I've identified sedm tisíc as the main exception. It seems 2, 3 and 4 are followed by the nominative plural, and 5 and up by the genitive plural, so why not sedm tisíců?


----------



## Giordi89

1-4 tisíce, 5-10 tisíc. There is never tisíců, so it is not only the case of 7 tisíc as a main exception. But tisíců exists in phrasal contexts, but only when you not put a particular number (e.g. Without thousands of people = Bez tisíců lidí). I believe that is something hard to explain why it works this way. 7 tisíců sounds rather wrong to me in any case. Many students here, on the other hand, make a mistake by writting 5 millions instead of million for example. Also, it has no clear explanation for us (at least I believe).


----------



## djwebb1969

Giordi89 said:


> 1-4 tisíce, 5-10 tisíc. There is never tisíců, so it is not only the case of 7 tisíc as a main exception. But tisíců exists in phrasal contexts, but only when you not put a particular number (e.g. Without thousands of people = Bez tisíců lidí). I believe that is something hard to explain why it works this way. 7 tisíců sounds rather wrong to me in any case. Many students here, on the other hand, make a mistake by writting 5 millions instead of million for example. Also, it has no clear explanation for us (at least I believe).



[I agree "five millions" is wrong, but there are native speakers, eg Gordon Brown the former prime minister, who used to say "ten billions". I find younger English people have started saying "two pounds" (£2) instead of "two pound". These are all units of measurement: two pound (money or weight), two stone (a unit of weight, contrasting with "two stones", which is two pebbles), two foot (a unit of length, contrasting with "two feet", the appendages at the end of one's legs), two hundred, two thousand, two million, two billion, two trillion. These are all standard English. Some dialects extend the principle to "two year ago" (Yorkshire English for "two years ago") and "two mile away" (Yorkshire English for "two miles away").]

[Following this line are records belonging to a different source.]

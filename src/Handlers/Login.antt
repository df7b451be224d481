-- ===== src/Handlers/Login.antt =====
-- server/src/handlers/auth_handler.cpp: a login with a name and a password.
use task_hub.Auth.Manager.{AuthManager, User, login, validate_token, token_ttl}
use task_hub.Execution.Remote.{text_member}
use task_hub.Handlers.Http.{Request, Response, respond_ok, respond_error, bad_request}
use task_hub.Json.{Json, JsonCalls, string, object_of}
use task_hub.Prelude.{
  ℕ, pos, Text, text, Text-Eq, ◌+◌, ◌≡◌, Bool, true, false, Option, none, some, [], ◌∷◌, find,
  if◌then◌else◌, arith, find-put_self, ◌==◌, ◌≤◌, =?_refl,
}

-- `text.find(part) != npos`.
unfoldable pub starts_with : Text → Text → Bool
starts_with [] s = true
starts_with (c ∷ cs) [] = false
starts_with (c ∷ cs) (d ∷ ds) = let rest = starts_with cs ds in if c == d then rest else false

unfoldable pub contains_part : Text → Text → Bool
contains_part part [] = starts_with part []
contains_part part (c ∷ cs) =
    let rest = contains_part part cs in if starts_with part (c ∷ cs) then true else rest

-- The token is the one that this login makes, at its time.
unfoldable pub login_user :
    JsonCalls → (Text → Option Json) → ℕ → Text → Request → AuthManager → Response × AuthManager
login_user c parse now token req a =
    if contains_part (text "application/json") req.content_type
    then elim (parse req.body) [
      | none ↦ (bad_request c (text "Invalid JSON body") (pos 1002), a)
      | some j ↦ elim (text_member (text "username") j) [
        | none ↦ (bad_request c (text "username and password required") (pos 1003), a)
        | some username ↦ elim (text_member (text "password") j) [
          | none ↦ (bad_request c (text "username and password required") (pos 1003), a)
          | some password ↦
              let (given, a') = login now token username password a in
              elim given [
                | none ↦
                    (respond_error c (pos 1004) (text "invalid_username_or_password") (pos 200), a')
                | some key ↦ (
                  respond_ok c (
                      object_of
                        ((text "token", string key) ∷ (text "username", string username) ∷ [])),
                  a',
                )
              ]
        ]
      ]
    ]
    else (bad_request c (text "Content-Type must be application/json") (pos 1001), a)

-- A request that names a user with the user's password is answered with the token and the name, and
-- that token is then accepted for the user for two hours.
pub login_user-validate_token :
    (c : JsonCalls) (parse : Text → Option Json) (now later : ℕ) (token name : Text) (req : Request)
    (a : AuthManager) (j : Json) (user : User)
    → contains_part (text "application/json") req.content_type ≡ true
    → parse req.body ≡ some j
    → text_member (text "username") j ≡ some name
    → text_member (text "password") j ≡ some user.password
    → find name a.users ≡ some user
    → user.username ≡ name
    → later ≤ now + token_ttl
    → let (r, a') = login_user c parse now token req a in
      (r
        ≡ respond_ok c
            (object_of ((text "token", string token) ∷ (text "username", string name) ∷ [])))
      × ((validate_token later token a').0 ≡ some user)
unfolding login_user login validate_token
login_user-validate_token c parse now later token name req a j user typed read named secret known
      own soon =
    let stored =
      find-put_self token (record { username = user.username; expire_time = now + token_ttl })
        a.sessions in
    ground (arith, typed, read, named, secret, known, own, stored, =?_refl user.password)
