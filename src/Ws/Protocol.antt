-- ===== src/Ws/Protocol.antt =====
-- server/src/ws/ws_protocol.h: commands and channels.
use task_hub.Json.{Json, JsonCalls, member, string, is_number_integer}
use task_hub.Prelude.{
  Text, ◌++◌, text, ℤ, pos, eqb_ℤ, none, some, is_empty, [], if◌then◌else◌, text_eq,
}

pub data WsOp : Type 0 where
  subscribe unsubscribe ping pong unknown_op : WsOp

pub data WsTopic : Type 0 where
  task_logs task_events unknown_topic : WsTopic

pub record ClientCommand : Type 0 where
  pub op : WsOp
  pub topic : WsTopic
  pub task_id : Text
  pub run_id : Text

unfoldable pub op_to_string : WsOp → Text
op_to_string subscribe = text "subscribe"
op_to_string unsubscribe = text "unsubscribe"
op_to_string ping = text "ping"
op_to_string pong = text "pong"
op_to_string unknown_op = text "unknown"

unfoldable pub topic_to_string : WsTopic → Text
topic_to_string task_events = text "task_events"
topic_to_string task_logs = text "task_logs"
topic_to_string unknown_topic = text "unknown"

unfoldable pub op_of_text : Text → WsOp
unfolding text_eq
op_of_text s =
    if text_eq s (text "subscribe")
    then subscribe
    else if text_eq s (text "unsubscribe")
    then unsubscribe
    else if text_eq s (text "ping")
    then ping
    else if text_eq s (text "pong")
    then pong
    else unknown_op

unfoldable pub op_of_int : ℤ → WsOp
op_of_int i =
    if eqb_ℤ i (pos 0)
    then subscribe
    else if eqb_ℤ i (pos 1)
    then unsubscribe
    else if eqb_ℤ i (pos 2)
    then ping
    else if eqb_ℤ i (pos 3)
    then pong
    else unknown_op

unfoldable pub topic_of_text : Text → WsTopic
unfolding text_eq
topic_of_text s =
    if text_eq s (text "task_logs")
    then task_logs
    else if text_eq s (text "task_events")
    then task_events
    else unknown_topic

unfoldable pub topic_of_int : ℤ → WsTopic
topic_of_int i =
    if eqb_ℤ i (pos 0) then task_logs else if eqb_ℤ i (pos 1) then task_events else unknown_topic

unfoldable pub text_field : Text → Json → Text
text_field key j = elim (member key j) [ some (string s) ↦ s | _ ↦ [] ]

-- An exception of the conversion makes the field unknown.
module _ (c : JsonCalls) where
  unfoldable pub parse_op_field : Text → Json → WsOp
  parse_op_field key j = elim (member key j) [
    | none ↦ unknown_op
    | some (string s) ↦ op_of_text s
    | some v ↦
        if is_number_integer v
        then elim (c.get_int v) [ none ↦ unknown_op | some i ↦ op_of_int i ]
        else unknown_op
  ]

  unfoldable pub parse_topic_field : Text → Json → WsTopic
  parse_topic_field key j = elim (member key j) [
    | none ↦ unknown_topic
    | some (string s) ↦ topic_of_text s
    | some v ↦
        if is_number_integer v
        then elim (c.get_int v) [ none ↦ unknown_topic | some i ↦ topic_of_int i ]
        else unknown_topic
  ]

  unfoldable pub parse_client_command : Json → ClientCommand
  parse_client_command j = record {
    op = parse_op_field (text "op") j;
    topic = parse_topic_field (text "topic") j;
    task_id = text_field (text "task_id") j;
    run_id = text_field (text "run_id") j;
  }

unfoldable pub channel_of : Text → Text → Text → Text
channel_of prefix task run =
    if is_empty run then prefix ++ task else prefix ++ (task ++ (text "." ++ run))

unfoldable pub channel_task_logs : Text → Text → Text
channel_task_logs = channel_of (text "task.logs.")

unfoldable pub channel_task_events : Text → Text → Text
channel_task_events = channel_of (text "task.events.")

I'm thinking that *sedm tisíc *may be the fossilised remnant of a previous feminine *tisíca* (as Russian has a feminine tysjača)? In that case, it would be genitive plural, albeit a fossilised form that doesn't appear to be genitive plural derivable from the current nominative singular *tisíc*. This is just creative thinking on my part.


----------



## bibax

Tisíc is indeed an old genitive plural form.

However the form tisíců doesn't offend me. Sedm tisíců is also correct.


> Nakonec řekl Pán Eliášovi: „Zachovalť jsem pak v Izraeli *sedm tisíců*, jichžto všech kolena neskláněla se Bálovi, a jichžto všech ústa nelíbala ho“...
> 
> ..._"Yet I will leave 7,000 in Israel, all the knees that have not bowed to Baal and every mouth that has not kissed him."_


----------



## djwebb1969

bibax said:


> Tisíc is indeed an old genitive plural form.
> 
> However the form tisíců doesn't offend me. Sedm tisíců is also correct.



Thank you - I think this one tisíc form confused me with all the rest of the numbers - until I realised tisíc was the odd one out (and then miliony and sta become comprehensible). I see you quoted from the Bible - which may have calcified forms. 

Do you agree that tisíc was once feminine - like the Russian cognate word? - and that maybe its nominative singular was tisíca?


----------



## bibax

In Protoslavic the word for 1000 was either masculine and feminine. 

OCS: *tysęšta* (fem.);
Russian: *тысяча* (fem.);
Old Czech: *tisúc* (masc.), the feminine form **tisúca* is not attested;
Polish: *tysiąc* (masc.);


----------



## djwebb1969

OK, I think sedm tisíc and similar are best learned as exceptions.


----------